Then Dora was charming. She sat and
talked and planned and told him all that had
been done and all that was yet to do. And
Bryce never once named either Ethel or Mr.
Mostyn. He knew Dora was a shrewd little
woman, and that he would have to be very
careful in introducing the subject of Mr.
Mostyn, or else she would be sure to reach the
central truth of his submission to her. But,
somehow, things happen for those who are
content to leave their desires to contingencies
and accidentals. The next morning he breakfasted
with the family and felt himself repaid
for his concession to Dora by the evident
pleasure their renewed affection gave his father
and mother; and though the elder Denning
made no remark in the renewed family
solidarity, Bryce anticipated many little
favors and accommodations from his father's
satisfaction.

After breakfast he sat down, lit his cigar
and waited.

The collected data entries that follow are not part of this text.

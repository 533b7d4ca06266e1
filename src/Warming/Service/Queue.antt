-- ===== src/Warming/Service/Queue.antt =====
-- What `QueueTasks` of warming/worker_pool.go does to the queue: the tasks for which there is room go to its end in
-- their order, and the rest are dropped.
use distributed_caching_syst.Prelude.{
  ℕ, zero, suc, ◌+◌, ◌-◌, ◌≤◌, ◌≡◌, refl, sym, ap, true, false, List, [], ◌∷◌, ◌++◌, if◌then◌else◌,
  length, take, ltb, leb, arith, inl, inr, Bool-cases, if_cases, Option_cases, Option, none, some,
  ◌*◌, length-append, length-take,
}
use mathlib.Core.List.{append_assoc, append-nil}
use distributed_caching_syst.Prelude.Int.{ℤ, pos}
use distributed_caching_syst.GoString.{Bytes, codes}
use distributed_caching_syst.Warming.Tasks.{WarmTask, plan, hour}
use distributed_caching_syst.Warming.Service.{
  key_tasks, no_keys, stopped, prediction_failed, unknown_strategy, no_pattern, nothing_queued,
  quotient, Response, ok, err, panic, Service, queue_size, queue_tasks, Environment, Result,
  WarmKeyRequest, queue_job, hot_keys, limit_keys, is_empty, WarmPatternRequest, warm_key,
  warm_pattern, trigger_predictive,
}

queue_tasks_full :
    (tasks queue : List WarmTask)
    → ltb (length queue) queue_size ≡ false
    → queue_tasks tasks queue ≡ (queue, 0)
unfolding queue_tasks
queue_tasks_full [] queue full = refl
queue_tasks_full (task ∷ tasks) queue full = rw full (rw (queue_tasks_full tasks queue full) refl)

fits :
    (queue : List WarmTask) (room : ℕ)
    → length queue + suc room ≡ queue_size
    → ltb (length queue) queue_size ≡ true
fits queue room e = ground arith

queue_tasks_room :
    (room : ℕ) (tasks queue : List WarmTask)
    → length queue + room ≡ queue_size
    → queue_tasks tasks queue ≡ (queue ++ take room tasks, length (take room tasks))
unfolding queue_tasks
queue_tasks_room zero tasks queue e =
    rw (queue_tasks_full tasks queue (ground arith)) (rw (append-nil queue) refl)
queue_tasks_room (suc room) [] queue e = rw (append-nil queue) refl
queue_tasks_room (suc room) (task ∷ tasks) queue e = rw (fits queue room e) (
    rw
      (queue_tasks_room room tasks (queue ++ task ∷ [])
        (omega (arith, length-append queue (task ∷ []))))
      (rw (append_assoc queue (task ∷ []) (take room tasks)) refl))

-- The tasks that are queued are the first ones, as many as the channel has room for, behind those that wait already,
-- and the count is of those.
pub queue_tasks-take :
    (tasks queue : List WarmTask)
    → queue_tasks tasks queue ≡ (
      queue ++ take (queue_size - length queue) tasks,
      length (take (queue_size - length queue) tasks),
    )
queue_tasks-take tasks queue = elim (Bool-cases (leb (length queue) queue_size)) [
  | inl e ↦ queue_tasks_room (queue_size - length queue) tasks queue (ground arith)
  | inr e ↦ over (queue_size - length queue) e (ground arith)
]
  where
    over :
        (room : ℕ)
        → leb (length queue) queue_size ≡ false
        → room ≡ 0
        → queue_tasks tasks queue ≡ (queue ++ take room tasks, length (take room tasks))
    over room e none_left =
        rw none_left (rw (queue_tasks_full tasks queue (ground arith)) (rw (append-nil queue) refl))

-- The calls that queue tasks.
pub data Call : Type 0 where
  keys_call : WarmKeyRequest → Call
  pattern_call : WarmPatternRequest → Call
  predictive_call : Call

abbrev pub Counts : Result Response → ℕ → Type 0
Counts (ok r) n = r.queued ≡ n
Counts (err e) n = n ≡ 0
Counts panic n = Unit

-- The call puts tasks behind those that wait, within the buffer, and a reply counts them; a refusal puts none.
pub record Queues {S : Type 0} (s : Service S) (after : Service S × Result Response) : Type 0 where
  pub added : List WarmTask
  pub behind : after.0.task_queue ≡ s.task_queue ++ added
  pub within : length after.0.task_queue ≤ queue_size
  pub counted : Counts after.1 (length added)

estimate-Counts :
    {n : ℕ} (q : Option ℤ) (job : ℤ → Response)
    → ((e : ℤ) → (job e).queued ≡ n)
    → Counts (elim q [ none ↦ panic | some estimate ↦ ok (job estimate) ]) n
estimate-Counts none job h = tt
estimate-Counts (some e) job h = h e

module _ {S : Type 0} (env : Environment S) where
  unfoldable pub perform : (ℕ → ℤ) → Call → Service S → Service S × Result Response
  perform clock (keys_call r) s = warm_key env clock r s
  perform clock (pattern_call r) s = warm_pattern env clock r s
  perform clock predictive_call s = trigger_predictive env clock s

  refused-Queues :
      (s : Service S) (result : Result Response)
      → Counts result 0
      → length s.task_queue ≤ queue_size
      → Queues s (s, result)
  refused-Queues s result c h = record {
    added = [];
    behind = sym (append-nil s.task_queue);
    within = h;
    counted = c;
  }

  queue_job-Queues :
      (clock : ℕ → ℤ) (keys : List Bytes) (tasks : List WarmTask) (s : Service S)
      → length s.task_queue ≤ queue_size
      → Queues s (queue_job env clock keys tasks s)
  unfolding queue_job
  queue_job-Queues clock keys tasks s h = record {
    added = take (queue_size - length s.task_queue) tasks;
    behind = ap (λ (p : List WarmTask × ℕ). p.0) (queue_tasks-take tasks s.task_queue);
    within = rw (queue_tasks-take tasks s.task_queue) (
        omega (
          arith,
          h,
          length-append s.task_queue (take (queue_size - length s.task_queue) tasks),
          length-take (queue_size - length s.task_queue) tasks,
        ));
    counted =
        estimate-Counts
          (quotient ((queue_tasks tasks s.task_queue).1 * 50) s.config.concurrent_warmers)
          (λ (estimate : ℤ). record {
            success = true;
            queued = (queue_tasks tasks s.task_queue).1;
            keys = keys;
            job_id = env.generate_job_id (clock 0);
            estimated_time = estimate;
          })
          (λ estimate. ap (λ (p : List WarmTask × ℕ). p.1) (queue_tasks-take tasks s.task_queue));
  }

  asked-Queues :
      (clock : ℕ → ℤ) (keys : List Bytes) (r : WarmKeyRequest) (s : Service S)
      → length s.task_queue ≤ queue_size
      → Queues s (elim keys [
        | [] ↦ (s, err no_keys)
        | _ ∷ _ ↦
            if s.emergency_stop
            then (s, err stopped)
            else queue_job env clock r.keys (key_tasks env r s r.keys) s
      ])
  asked-Queues clock [] r s h = refused-Queues s (err no_keys) refl h
  asked-Queues clock (_ ∷ _) r s h =
      if_cases (Queues s) s.emergency_stop (s, err stopped)
        (queue_job env clock r.keys (key_tasks env r s r.keys) s)
        (λ _. refused-Queues s (err stopped) refl h)
        (λ _. queue_job-Queues clock r.keys (key_tasks env r s r.keys) s h)

  predicted-Queues :
      (clock : ℕ → ℤ) (predicted : Option (List Bytes)) (s : Service S)
      → length s.task_queue ≤ queue_size
      → Queues s (elim predicted [
        | none ↦ (s, err prediction_failed)
        | some [] ↦ (s, ok nothing_queued)
        | some (key ∷ keys) ↦
            elim (plan env.score
              (codes "priority")
              (record { keys = key ∷ keys; priority = pos 80; limit = pos 0 })) [
                | none ↦ (s, err unknown_strategy)
                | some tasks ↦ queue_job env clock (key ∷ keys) tasks s
              ]
      ])
  predicted-Queues clock none s h = refused-Queues s (err prediction_failed) refl h
  predicted-Queues clock (some []) s h = refused-Queues s (ok nothing_queued) refl h
  predicted-Queues clock (some (key ∷ keys)) s h =
      Option_cases (Queues s)
        (plan env.score (codes "priority")
          (record { keys = key ∷ keys; priority = pos 80; limit = pos 0 }))
        (refused-Queues s (err unknown_strategy) refl h)
        (λ tasks. queue_job-Queues clock (key ∷ keys) tasks s h)

  -- On a queue that is no longer than its buffer, `WarmKey`, `WarmPattern` and `TriggerPredictive`
  -- put some tasks behind those that wait and stay within the buffer; a reply counts exactly the
  -- tasks that were put there, and a call that is refused puts none.
  pub perform-Queues :
      (clock : ℕ → ℤ) (call : Call) (s : Service S)
      → length s.task_queue ≤ queue_size
      → Queues s (perform clock call s)
  unfolding perform warm_key warm_pattern trigger_predictive
  perform-Queues clock (keys_call r) s h = asked-Queues clock r.keys r s h
  perform-Queues clock (pattern_call r) s h =
      if_cases (Queues s) (is_empty r.pattern) (s, err no_pattern) _
        (λ _. refused-Queues s (err no_pattern) refl h)
        (λ _.
          if_cases (Queues s) s.emergency_stop (s, err stopped) _
            (λ _. refused-Queues s (err stopped) refl h)
            (λ _.
              Option_cases (Queues s) (hot_keys env r.keys r.pattern s.outside)
                (refused-Queues s (err prediction_failed) refl h)
                (λ found.
                  Option_cases (Queues s)
                    (plan env.score
                      (if is_empty r.strategy then s.config.default_strategy else r.strategy)
                      (record {
                        keys = limit_keys r.limit found;
                        priority = r.priority;
                        limit = r.limit;
                      }))
                    (refused-Queues s (err unknown_strategy) refl h)
                    (λ tasks. queue_job-Queues clock (limit_keys r.limit found) tasks s h))))
  perform-Queues clock predictive_call s h =
      if_cases (Queues s) s.emergency_stop (s, err stopped) _
        (λ _. refused-Queues s (err stopped) refl h)
        (λ _. predicted-Queues clock (env.predict_hot_keys hour (pos 100) s.outside) s h)
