-- ===== src/Warming/Service/Retries.antt =====
-- `retryTask` of warming/worker_pool.go against the attempts that fail before one succeeds.
use mathlib.Core.Path.{subst}
use distributed_caching_syst.Prelude.{
  ℕ, zero, suc, ◌+◌, ◌<◌, ◌==◌, ◌≡◌, refl, ap, ◌∙◌, false, Option, none, some, if◌then◌else◌, arith,
}
use distributed_caching_syst.Prelude.Int.{ℤ, pos_part}
use distributed_caching_syst.GoString.{codes}
use distributed_caching_syst.Warming.Tasks.{WarmTask}
use distributed_caching_syst.Warming.Service.{Environment, Service, Error}
use distributed_caching_syst.Warming.Service.Execution.{
  execute_warm_task, retry_loop, retry_task, completed,
}

module _ {S : Type 0} (env : Environment S) (clocks : ℕ → ℕ → ℤ) (task : WarmTask) where
  -- `Failures i k s s'`: from the i-th attempt on, k attempts in a row fail and lead from s to s'.
  pub data Failures : ℕ → ℕ → Service S → Service S → Type 0 where
    none_yet : {i : ℕ} {s : Service S} → Failures i 0 s s
    one_more :
        {i k : ℕ} {s s' s'' : Service S} {e : Error}
        → execute_warm_task env (clocks i) task s ≡ (s', some e)
        → Failures (suc i) k s' s''
        → Failures i (suc k) s s''

  -- What the loop does with the outcome of an attempt.
  unfoldable pub attempted : ℕ → ℕ → Service S × Option Error → Service S
  attempted left i (s', none) = s'
  attempted left i (s', some _) =
      if left == 0
      then record s' { outside = env.publish (completed task (codes "failure")) s'.outside }
      else retry_loop env left (suc i) clocks task s'

  pub loop-attempted :
      (left i : ℕ) (s : Service S) (outcome : Service S × Option Error)
      → execute_warm_task env (clocks i) task s ≡ outcome
      → retry_loop env (suc left) i clocks task s ≡ attempted left i outcome
  unfolding retry_loop attempted
  loop-attempted left i s outcome h = ap (attempted left i) h

  loop-again :
      (left i : ℕ) (s s' : Service S) (e : Error)
      → (left == 0) ≡ false
      → execute_warm_task env (clocks i) task s ≡ (s', some e)
      → retry_loop env (suc left) i clocks task s ≡ retry_loop env left (suc i) clocks task s'
  unfolding attempted
  loop-again left i s s' e more fails = loop-attempted left i s (s', some e) fails ∙ rw more refl

  loop-succeeds :
      (i k j left : ℕ) (s s' s'' : Service S)
      → k < left
      → j ≡ i + k
      → Failures i k s s'
      → execute_warm_task env (clocks j) task s' ≡ (s'', none)
      → retry_loop env left i clocks task s ≡ s''
  unfolding attempted
  loop-succeeds i k j zero s s' s'' fits e failures wins = absurd (omega arith)
  loop-succeeds i zero j (suc left) s _ s'' fits e none_yet wins =
      loop-attempted left i s (s'', none)
        (subst (λ j. execute_warm_task env (clocks j) task s ≡ (s'', none)) (omega arith) wins)
  loop-succeeds i (suc k) j (suc left) s s' s'' fits e (one_more fails rest) wins =
      loop-again left i s _ _ (ground arith) fails
      ∙ loop-succeeds (suc i) k j left _ s' s'' (omega arith) (omega arith) rest wins

  loop-gives_up :
      (i k : ℕ) {s s' : Service S}
      → Failures i (suc k) s s'
      → retry_loop env (suc k) i clocks task s
        ≡ record s' { outside = env.publish (completed task (codes "failure")) s'.outside }
  unfolding attempted
  loop-gives_up i zero (one_more fails none_yet) = loop-attempted 0 i _ _ fails
  loop-gives_up i (suc k) (one_more fails rest) =
      loop-again (suc k) i _ _ _ (ground arith) fails ∙ loop-gives_up (suc i) k rest

  -- The attempts end with the first that succeeds, if it is among those configured, and nothing is published but what
  -- that attempt publishes.
  pub retry_task-succeeds :
      (k : ℕ) (s s' s'' : Service S)
      → k < pos_part s.config.retry_attempts
      → Failures 1 k s s'
      → execute_warm_task env (clocks (suc k)) task s' ≡ (s'', none)
      → retry_task env clocks task s ≡ s''
  unfolding retry_task
  retry_task-succeeds k s s' s'' fits failures wins =
      loop-succeeds 1 k (suc k) (pos_part s.config.retry_attempts) s s' s'' fits (omega arith)
        failures wins

  -- Where at least one retry is configured and the configured number of attempts fail one after
  -- the other, `retryTask` makes just those and then publishes the failure once.
  pub retry_task-gives_up :
      (k : ℕ) (s s' : Service S)
      → suc k ≡ pos_part s.config.retry_attempts
      → Failures 1 (suc k) s s'
      → retry_task env clocks task s
        ≡ record s' { outside = env.publish (completed task (codes "failure")) s'.outside }
  unfolding retry_task
  retry_task-gives_up k s s' all failures = rw⁻¹ all (loop-gives_up 1 k failures)
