-- ===== src/Warming/Service/Stops.antt =====
-- The emergency stop of warming/service.go and warming/worker_pool.go. The duration that `executeWarmTaskInternal`
-- compares with the threshold is measured from the origin's timeout before the present, after the fetch.
use distributed_caching_syst.Prelude.{ℕ, ◌≡◌, Option, some, List, [], ◌∷◌}
use distributed_caching_syst.Prelude.Int.{ℤ, ◌≤ℤ◌, ◌<ℤ◌}
use distributed_caching_syst.Warming.Service.{Config, Environment, Service, Error}
use distributed_caching_syst.Warming.Service.Execution.{run_worker}

-- The later reading is not the earlier one.
abbrev pub Monotone : (ℕ → ℤ) → Type 0
Monotone clock = clock 1 ≤ℤ clock 2

-- The threshold is below the timeout.
abbrev pub Below : Config → Type 0
Below config = config.emergency_threshold <ℤ config.origin_timeout

-- What the first state has counted and is configured with, the second has too.
pub record Unwarmed {S : Type 0} (s s' : Service S) : Type 0 where
  pub same_config : s'.config ≡ s.config
  pub same_writes : s'.metrics.cache_writes ≡ s.metrics.cache_writes
  pub same_successes : s'.metrics.success_total ≡ s.metrics.success_total

-- The outcome of an attempt that changes nothing in the cache and does not succeed.
pub record Fails {S : Type 0} (s : Service S) (after : Service S × Option Error) : Type 0 where
  pub unwarmed : Unwarmed s after.0
  pub error : Error
  pub failed : after.1 ≡ some error

module _ {S : Type 0} (env : Environment S) where
  -- The turns of workers, one after the other, each with its readings of the clock.
  abbrev pub run_workers : List (ℕ → ℕ → ℤ) → Service S → Service S
  run_workers [] s = s
  run_workers (clocks ∷ turns) s = run_workers turns (run_worker env clocks s)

Both his mother and Dora had
much to tell him, and he listened, and gave
them such excellent advice that they were
compelled to regret the arrangements already
made had lacked the benefit of his counsels.

"But you had Ethel Rawdon," he said.
"I thought she was everybody rolled into
one."

"Oh, Ethel doesn't know as much as she
thinks she does," said Mrs. Denning. "I
don't agree with lots of things she advises."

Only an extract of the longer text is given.